Perfect lies, perfect night…

_I am the black._
_I am the white._
_the wisps of gray lost in the in-between._
_A fleeting thought,_
_neither here nor there._
_The lazy tendrils of smoke_
_That tumble from my cigar,_
_From my lips,_
_Lost and forgotten in a _
_moment_
_from_
_my breath._
_MY BREATH…_

You unbalance 
the balance 
of 
My life.
Ripples in the glassy still
An aftershock of your undeniable beauty.

_I hear the cicadas,_
_The thunder of their staccato melody _
_As it fractures the silence of the night._

I hate.
I love.
I loved.
You.

Betrayed
I feel
It.
You.

_I wipe the spit from my face_
_As I try to collect the fragments of my life,_
_From the gutter in the road._
_Fragments that hold._
_That held..._
_All I am, all whom I hoped to be._
_And I am left here._
_Alone_
_To rebuild_
_My world._
_A world I no longer remember how to build._

A single
Tear.
Rolls down.
my cheek.
MY cheek.
Hits.
My lip.
My breathe.
MY BREATHE.
I hate.
I love.
You.


----------



## Nacian

Amasing words..great style.
I hope you're Ok..


----------



## Firemajic

This is a dark--twisted--hellish poem,  lots of drama and angst.. maybe a little over done---NOT!  Very well done.  " I hate who I have become because I love you"---Oh I know exactly what you are saying.  Been there--done that--NOT going to do that again. Your talent is in not being afraid to show your naked emotions---the good--the bad and the ugly...I applaud you for that.  Peace...Jul


----------



## rundahl

Hi NicB,

I sometimes wish there was a genre called "therapy", or "Been there done that." You are raw, dark, and in pain. I mean your work is. 

_I am the black._
_I am the white._
_the wisps of gray lost in the in-between._
_A fleeting thought,_
_neither here nor there._
_The lazy tendrils of smoke_
_That tumble from my cigar,_
_From my lips,_
_Lost and forgotten in a _
_moment_
_from_
_my breath._
_MY BREATH…  (I  love this)
_It has a dreamy feeling to it. I also bring to mind the surreal experience that can take place when reality is clouded by over consumption._
_I also enjoy the way you change font style to convey a new feeling, a new memory, or new experience. It makes it easier for me to switch gears and prepare for your message. 
This is great. Thanks.


----------



## Prof

What a great way to say I love you and you don't care.  I agree with FireMajic that you are not over the top.  I would add that you are close though.  If I had to nit pick, and I do have to, it's in my nature, I would say "the chasm of my life" is an awkward image  Maybe "the chasm which has become my life"?  Still, very good, keep bringing them  to us.


----------



## Boddaert

I especially liked '_the wisps of gray lost in the in-between'. This worked really well for me. _


----------



## kangamaroo

I really like this man. Can relate too which I personally find a bonus with writing. Nice


----------



## NicB.

thanks all, glad you enjoyed it!


----------



## Sita

Amazing. There are no other words for it.


----------



## alanmt

wow. I feel like you are speaking just to me.


----------



## candid petunia

Angst. Beautiful. Love the way you wrote it, the poem has a raw appeal to it.


----------



## NicB.

^^Thanks!  Glad you liked it.  If only I could write things like that without having to live it first.  Ah well.


----------



## j.w.olson

I am a bitter person, and I don't like seeing an abundance of positive replies divorced from critique and suggestions for improvement; I therefore feel the need to temper this conversation with complaint. Please do not take it personally.

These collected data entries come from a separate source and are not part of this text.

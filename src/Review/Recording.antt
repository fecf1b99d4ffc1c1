-- ===== src/Review/Recording.antt =====
-- `open_if_unverified` of apps/review/recording.py: queueing an entry for affirmation, and
-- superseding the one that it replaces. The race that the savepoint there settles is between two
-- transactions; here each call runs alone. The department recorded for the queue is left out.
use risk_management.Common.{
  ℕ, ◌+◌, not, ◌&&◌, Option, none, some, List, [], ◌∷◌, ◌++◌, ◌==◌, if◌then◌else◌, find,
}
use risk_management.Audit.{needs_review, review_opened, review_superseded}
use risk_management.Review.{
  ReviewItem, ReviewKind, pending, superseded, Snapshot, Entity, is_open, same_entity,
}
use risk_management.Tenant.{Tenant, Env, Result, ok, raised, outside_church_schema, audit}

-- `item.save()`
unfoldable pub put_review : ReviewItem → List ReviewItem → List ReviewItem
put_review i [] = []
put_review i (x ∷ xs) = (if x.pk == i.pk then i else x) ∷ put_review i xs

-- `ReviewItem.objects.pending().filter(entity…).first()`
abbrev pub open_on : Entity → List ReviewItem → Option ReviewItem
open_on e items = find (λ i. is_open i.status && same_entity i.entity e) items

abbrev pub opened : Env → ℕ → ReviewKind → Entity → Option Entity → Snapshot → ReviewItem
opened env pk kind e affected before = record {
  pk = pk;
  kind = kind;
  entity = e;
  affected = affected;
  status = pending;
  recorded_by_user_id = env.actor.user_id;
  before_state = before;
  reviewed_at = none;
  reviewed_by_user_id = none;
  decision_reason = "";
  superseded_by = none;
}

-- `superseded.supersede()` with no `by`, and the replacement that is set after it.
abbrev pub supersede_item : Env → ℕ → ReviewItem → ReviewItem
supersede_item env replacement i = record i {
  status = superseded;
  reviewed_at = some env.now;
  reviewed_by_user_id = none;
  decision_reason = "";
  superseded_by = some replacement;
}

abbrev pub supersede_open : Env → ℕ → Option ReviewItem → List ReviewItem → List ReviewItem
supersede_open env pk none items = items
supersede_open env pk (some i) items = put_review (supersede_item env pk i) items

abbrev pub audit_superseded : Env → Entity → Option ReviewItem → Tenant → Tenant
audit_superseded env e none t = t
audit_superseded env e (some i) t = audit env review_superseded e t

unfoldable pub enqueue : Env → ReviewKind → Entity → Option Entity → Snapshot → Tenant → Tenant
unfolding put_review audit
enqueue env kind e affected before t =
    let earlier = open_on e t.reviews in
    let u = record t {
      reviews =
          supersede_open env t.next_pk earlier t.reviews
          ++ opened env t.next_pk kind e affected before ∷ [];
      next_pk = t.next_pk + 1;
    } in
    audit env review_opened e (audit_superseded env e earlier u)

unfoldable pub open_if_unverified :
    Env → ReviewKind → Entity → Option Entity → Snapshot → Tenant → Result Tenant
unfolding enqueue needs_review
open_if_unverified env kind e affected before t =
    if not (needs_review env.actor)
    then ok t
    else if env.directory.on_public_schema
    then raised outside_church_schema
    else ok (enqueue env kind e affected before t)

I do very much like the bits of imagery that are here -- the cicadas, the summer night, the cigar smoke, and the spit on your face. They are vivid and work well for me. I think they complement the emotion you are going for very well.

Unfortunately, none of the rest of it works for me. The basic words presented in such a plain staccato hit me as nothing more than words -- the general lack of imagery and figurative language prevents any of the words from striking a deeper resonance within me or calling forth an emotional response of any sort. Reading the words "I hate you" or "I love you" is very different than feeling the words. I can tell that the author/narrator feels them in this poem -- but that hasn't come across for me. In general, I just got annoyed at all the period and line breaks.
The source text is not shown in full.